Лечение здесь — это не просто возмещение, но именно быстрое доведение организма до целостности, вне зависимости от того, придется ли применять инъекцию, общую терапию или хирургическое вмешательство, главное — быстрее спасти организм. Поэтому когда Хаскинс пишет подробно об увлечении Кейджа дзен-буддизмом, то он слишком доверяет внезапным озарениям дзена, которые могут будто бы украсить Вселенную, как шарики на елке. На самом деле, дзен Кейджа — это вовсе не внезапное озарение, дающее отдых, как стакан лимонада после долгого похода, но отказ от привычного взаимодействия с обстоятельствами, когда на каждой остановке нужен стакан лимонада, когда после каждого часа работы нужно десять минут отдыха.

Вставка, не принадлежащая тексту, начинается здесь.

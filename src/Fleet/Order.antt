-- ===== src/Fleet/Order.antt =====
-- internal/controller/fleetrollout_controller.go, reconcile's second pass: waves open in their order.
use stageset_controller.Prelude.{
  ℕ, str_eq, str_eq_iff, ◌≡◌, refl, subst, inl, inr, Bool, true, false, not, ◌&&◌, ◌||◌, Option,
  none, some, List, [], ◌∷◌, ◌++◌, arith, if◌then◌else◌, Bool-cases, Option-cases, All, All-append,
  Elem, All-Elem,
}
use mathlib.Core.List.{append_assoc}
use stageset_controller.Metric.{MetricSource, Floats}
use stageset_controller.Fleet.{
  FleetRolloutSpec, FleetWaveStatus, FleetRolloutStatus, Member, fleet_approval_version,
}
use stageset_controller.Fleet.Rollout.{
  Patch, approve_version, roll_back_to, Group, stamp, concat_map, approve, rollback_member,
  settle_wave, gate_verdict, is_passed, is_regressed, is_failing, walk, approvals, halt, roll,
}

module _ {F : Type 0} (fl : Floats F) (querier : Option (MetricSource → Option F)) where
  module _ {L : Type 0} (spec : FleetRolloutSpec L) (prior : List FleetWaveStatus) (now : ℕ) where
    abbrev pub passes : Group L → Bool
    passes g = is_passed fl querier spec prior now g (settle_wave spec prior now g)

    abbrev pub stops : Group L → Bool
    stops g =
        is_regressed prior g (settle_wave spec prior now g)
        || is_failing (gate_verdict fl querier spec prior now g (settle_wave spec prior now g))

    -- Every wave of a list of waves passes.
    abbrev pub AllPass : List (Group L) → Type 0
    AllPass gs = All (λ g. passes g ≡ true) gs

    -- What a write of a pass may be. An approval is of a member of a wave, all earlier waves of which
    -- pass at this instant. A rollback is of a member of a wave that regressed or failed its gate.
    pub data IsPermitted (gs : List (Group L)) : Patch → Type 0 where
      approves :
          (before : List (Group L)) (g : Group L) (after : List (Group L)) (m : Member)
          → gs ≡ before ++ (g ∷ after)
          → AllPass before
          → Elem m g.members
          → IsPermitted gs (approve_version m.namespace m.name (fleet_approval_version spec m))
      rolls_back :
          (g : Group L) (m : Member)
          → Elem g gs
          → stops g ≡ true
          → Elem m g.members
          → spec.on_regression ≡ "Rollback"
          → IsPermitted gs (roll_back_to m.namespace m.name spec.previous_version)

    All-concat_map {ℓ κ} :
        {A : Type ℓ} (P : Patch → Type κ) (f : A → List Patch) (xs : List A)
        → All (λ x. All P (f x)) xs
        → All P (concat_map f xs)
    unfolding concat_map
    All-concat_map P f [] h = tt
    All-concat_map P f (x ∷ xs) (p, h) =
        All-append P (f x) (concat_map f xs) p (All-concat_map P f xs h)

    All-stamp {κ} :
        (P : Patch → Type κ) (accepts : Patch → Bool) (ps : List Patch)
        → All P ps
        → All P (stamp accepts ps).patches
    unfolding stamp
    All-stamp P accepts [] h = tt
    All-stamp P accepts (x ∷ xs) (p, h) = elim (Bool-cases (accepts x)) [
      | inl e ↦ rw e (p, All-stamp P accepts xs h)
      | inr e ↦ rw e tt
    ]

    All-snoc :
        (gs : List (Group L)) (g : Group L)
        → AllPass gs
        → passes g ≡ true
        → AllPass (gs ++ (g ∷ []))
    All-snoc gs g h e = All-append _ gs (g ∷ []) h (e, tt)

    -- A wave of `all` with the waves before it, which all pass.
    abbrev IsReached : List (Group L) → Group L → Type 0
    IsReached everything g =
        (before : List (Group L)) × (after : List (Group L)) × (everything ≡ before ++ (g ∷ after))
        × AllPass before

    walk-IsReached :
        (before gs : List (Group L))
        → AllPass before
        → All (IsReached (before ++ gs)) (walk fl querier spec prior now gs).opened
    unfolding walk
    walk-IsReached before [] h = tt
    walk-IsReached before (g ∷ gs) h =
        let ws = settle_wave spec prior now g in
        let verdict = gate_verdict fl querier spec prior now g ws in
        elim (Bool-cases (is_regressed prior g ws)) [
          | inl e ↦ rw (All, e) tt
          | inr e ↦ elim (Bool-cases (is_failing verdict)) [
            | inl k ↦ rw (All, e, k) tt
            | inr k ↦ elim (Bool-cases (passes g)) [
              | inr n ↦ rw (All, e, k, n) ((before, gs, refl, h), tt)
              | inl p ↦
                  let rest =
                    subst
                      (λ everything.
                        All (IsReached everything) (walk fl querier spec prior now gs).opened)
                      (append_assoc before (g ∷ []) gs)
                      (walk-IsReached (before ++ (g ∷ [])) gs (All-snoc before g h p)) in
                  rw (All, e, k, p) ((before, gs, refl, h), rest)
            ]
          ]
        ]

    -- A wave that stops the walk, if there is one.
    abbrev IsStopped : List (Group L) → Option (Group L) → Type 0
    IsStopped gs none = Unit
    IsStopped gs (some g) = (stops g ≡ true) × Elem g gs

    IsStopped-cons :
        (g : Group L) (gs : List (Group L)) (o : Option (Group L))
        → IsStopped gs o
        → IsStopped (g ∷ gs) o
    IsStopped-cons g gs none h = tt
    IsStopped-cons g gs (some x) (h, e) = (h, inr e)

    walk-IsStopped :
        (gs : List (Group L)) → IsStopped gs (walk fl querier spec prior now gs).halted_at
    unfolding walk
    walk-IsStopped [] = tt
    walk-IsStopped (x ∷ gs) =
        let ws = settle_wave spec prior now x in
        let verdict = gate_verdict fl querier spec prior now x ws in
        elim (Bool-cases (is_regressed prior x ws)) [
          | inl e ↦ rw (IsStopped, e) (ground arith, inl refl)
          | inr e ↦ elim (Bool-cases (is_failing verdict)) [
            | inl k ↦ rw (IsStopped, e, k) (ground arith, inl refl)
            | inr k ↦ rw (IsStopped, e, k) (IsStopped-cons x gs _ (walk-IsStopped gs))
          ]
        ]

    -- No write, or one that is permitted.
    All-unless {κ} :
        (P : Patch → Type κ) (b : Bool) (p : Patch) → P p → All P (if b then [] else p ∷ [])
    All-unless P true p h = tt
    All-unless P false p h = (h, tt)

    IsPermitted-approvals :
        (gs : List (Group L)) (g : Group L)
        → IsReached gs g
        → All (IsPermitted gs) (approvals fl querier spec prior now g)
    unfolding approve
    IsPermitted-approvals gs g (before, after, e, h) =
        All-concat_map (IsPermitted gs) (λ m. approve (fleet_approval_version spec m) m) g.members
          (All-Elem _ g.members
            (λ m k. All-unless (IsPermitted gs) _ _ (approves before g after m e h k)))

    IsPermitted-opened :
        (gs os : List (Group L))
        → All (IsReached gs) os
        → All (λ g. All (IsPermitted gs) (approvals fl querier spec prior now g)) os
    IsPermitted-opened gs [] h = tt
    IsPermitted-opened gs (o ∷ os) (p, h) =
        (IsPermitted-approvals gs o p, IsPermitted-opened gs os h)

    IsPermitted-rollbacks :
        (gs : List (Group L)) (g : Group L)
        → IsStopped gs (some g)
        → All (IsPermitted gs) (
            if str_eq spec.on_regression "Rollback" && not (str_eq spec.previous_version "")
            then concat_map (rollback_member spec.previous_version) g.members
            else [])
    unfolding rollback_member
    IsPermitted-rollbacks gs g (h, k) = elim (Bool-cases (str_eq spec.on_regression "Rollback")) [
      | inr e ↦ rw (All, e) tt
      | inl e ↦
          let all =
            All-concat_map (IsPermitted gs) (rollback_member spec.previous_version) g.members (
              All-Elem _ g.members (λ m n.
                All-unless (IsPermitted gs) _ _ (rolls_back g m k h n ((str_eq_iff _ _).0 e)))) in
          elim (Bool-cases (str_eq spec.previous_version "")) [
            | inl f ↦ rw (All, e, f) tt
            | inr f ↦ rw (All, e, f) all
          ]
    ]

    module _ (accepts : Patch → Bool) (status : FleetRolloutStatus) where
      halt-IsPermitted :
          (gs : List (Group L)) (waves : List FleetWaveStatus) (g : Group L)
          → IsStopped gs (some g)
          → All (IsPermitted gs) (halt fl querier spec prior now accepts status waves g).patches
      unfolding halt
      halt-IsPermitted gs waves g h =
          let ps =
            if str_eq spec.on_regression "Rollback" && not (str_eq spec.previous_version "")
            then concat_map (rollback_member spec.previous_version) g.members
            else [] in
          let done = All-stamp (IsPermitted gs) accepts ps (IsPermitted-rollbacks gs g h) in
          elim (Bool-cases (stamp accepts ps).failed) [
            | inl e ↦ rw (All, e) done
            | inr e ↦ rw (All, e) done
          ]

      -- Every write that a pass issues is permitted: it approves a member of a wave, all earlier waves
      -- of which pass at this instant, or it rolls back a member of a wave that regressed or failed its
      -- gate, where the spec asks for it.
      pub roll-IsPermitted :
          (gs : List (Group L))
          → All (IsPermitted gs) (roll fl querier spec prior now accepts status gs).patches
      unfolding roll
      roll-IsPermitted gs =
          let w = walk fl querier spec prior now gs in
          let ps = concat_map (approvals fl querier spec prior now) w.opened in
          let done = All-stamp (IsPermitted gs) accepts ps (
            All-concat_map (IsPermitted gs) (approvals fl querier spec prior now) w.opened
              (IsPermitted-opened gs w.opened (walk-IsReached [] gs tt))) in
          elim (Option-cases w.halted_at) [
            | inr (g, e) ↦
                rw (All, e)
                  (halt-IsPermitted gs w.waves g (subst (IsStopped gs) e (walk-IsStopped gs)))
            | inl e ↦ elim (Bool-cases (stamp accepts ps).failed) [
              | inl f ↦ rw (All, e, f) done
              | inr f ↦ elim (Option-cases w.first_open) [
                | inl o ↦ rw (All, e, f, o) done
                | inr (g, o) ↦ rw (All, e, f, o) done
              ]
            ]
          ]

Кейдж исходил из другого: спокойствие позволяет ощутить час работы как лучший отдых, как самоконтроль, с самого начала приятный, а десятиминутный отдых — только небольшие обязательные усилия, небольшая формальность, чтобы увидеть, что эта приятность труда не только началась, но далеко зашла. Кейдж скорее ведет себя, как отшельник, который переносит келью глубже в пустыню, уходя и от мирской славы, и от слишком легкого труда: он теперь должен нести ведро воды весь день через пустыню. Но такое несение, сосредоточенное и наслаждающееся не тем, что воду можно выпить, но тем, что ни одна капля не пролита, — лучший образ того, что делал в музыке Кейдж. Кто просто подхватывает капли — это «институционализованный авангард, уютно устроившийся в академиях» (с. 113) — такой авангард легко освежит себя заемной водой и покажет свою силу. Для Кейджа не нужно показывать силу, ему достаточно верить в людей, которые оказываются сильными даже в самых неожиданных случаях. Беспорядочность личной жизни Кейджа, о которой много говорится в начале биографии, — это прямо противоположно «испытанию людей на прочность», которым занимаются как распутники, так и гордящиеся своей сдержанностью, но не менее безжалостные люди.

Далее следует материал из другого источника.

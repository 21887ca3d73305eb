-- ===== src/Fleet/Settling.antt =====
-- internal/controller/fleetrollout_controller.go, waveStatus: when a wave has settled.
use stageset_controller.Prelude.{
  ℕ, suc, ◌+◌, ◌≤◌, String, ◌≡◌, refl, inl, inr, Bool, ◌&&◌, List, [], ◌∷◌, arith, ◌==◌,
  if◌then◌else◌, Bool-cases, length, all, max_int32, pos,
}
use stageset_controller.Fleet.{
  FleetRolloutSpec, Member, member_progress, count_if, wave_status, to_int32, eq_ℤ,
}

abbrev count : (Member → Bool) → List Member → ℕ
count p [] = 0
count p (m ∷ ms) = if p m then suc (count p ms) else count p ms

count-bounded : (p : Member → Bool) (ms : List Member) → count p ms ≤ length ms
count-bounded p [] = omega arith
count-bounded p (m ∷ ms) = ground (arith, count-bounded p ms)

count-all : (p : Member → Bool) (ms : List Member) → (count p ms == length ms) ≡ all p ms
count-all p [] = refl
count-all p (m ∷ ms) = ground (arith, count-all p ms, count-bounded p ms)

count_if-count :
    (p : Member → Bool) (ms : List Member) (n : ℕ)
    → n + length ms ≤ max_int32
    → count_if p ms (pos n) ≡ pos (n + count p ms)
unfolding count_if
count_if-count p [] n h = ground arith
count_if-count p (m ∷ ms) n h = elim (Bool-cases (p m)) [
  | inl e ↦ ground (arith, count_if-count p ms (n + 1))
  | inr e ↦ ground (arith, count_if-count p ms n)
]

count_if-zero :
    (p : Member → Bool) (ms : List Member)
    → length ms ≤ max_int32
    → count_if p ms (pos 0) ≡ pos (count p ms)
count_if-zero p ms h = ground (arith, count_if-count p ms 0)

to_int32-pos : (n : ℕ) → n ≤ max_int32 → to_int32 n ≡ pos n
to_int32-pos n h = ground arith

all-and :
    (p q : Member → Bool) (ms : List Member)
    → (eq_ℤ (pos (count p ms)) (pos (length ms)) && eq_ℤ (pos (count q ms)) (pos (length ms)))
      ≡ all (λ m. p m && q m) ms
all-and p q [] = refl
all-and p q (m ∷ ms) = ground (arith, all-and p q ms, count-bounded p ms, count-bounded q ms)

module _ {L : Type 0} (spec : FleetRolloutSpec L) where
  abbrev pub is_done : Member → Bool
  is_done m = (member_progress spec m).0 && (member_progress spec m).1

  -- A wave of fewer than 2^31 members has settled exactly when each of its members has adopted the
  -- version it is to have and is ready: so an empty wave has settled.
  pub wave_settles :
      (name : String) (ms : List Member)
      → length ms ≤ max_int32
      → (wave_status spec name ms).settled ≡ all is_done ms
  unfolding wave_status
  wave_settles name ms h =
      let adopted = λ (m : Member). (member_progress spec m).0 in
      let ready = λ (m : Member). (member_progress spec m).1 in
      rw (count_if-zero adopted ms h, count_if-zero ready ms h, to_int32-pos (length ms) h)
        (all-and adopted ready ms)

Он испытывает людей на силу; не давит на них, но пытается узнать, насколько сильно они смогут отреагировать на его слово, насколько выразительно подхватить его жест, насколько осмысленно научиться чему-то от его образа жизни. Он обходится и в оркестровой музыке «без технических ухищрений, за которыми могут спрятаться музыканты» (с. 133), но и биография в конце концов превращается в большую энциклопедическую статью о Кейдже, со строгим учетом типов и «путей» становления его произведений. Чем дальше мы читаем, тем больше мы не привыкаем к Кейджу, а отвыкаем от него, чтобы при этом с большим интересом его понимать.
И вот его отношения с Каннингемом оказываются не драмой жизни, а оглушительным торжеством пластики, ее мягкого закона, важного для того, чтобы жизнь была живой. И вот его борьба с гармонией оказывается не только вызовом рутинизированному авангарду, но и возможностью расширить «микротон до целой полосы частот» (с. 163), а значит, и заменить поспешное влияние идей внимательным регулированием их трафика. Идеи движутся уже не по маршрутам воли и готовых желаний, но по маршрутам, объединяющим в группы даже тогда, когда современность угрожает упадком воли.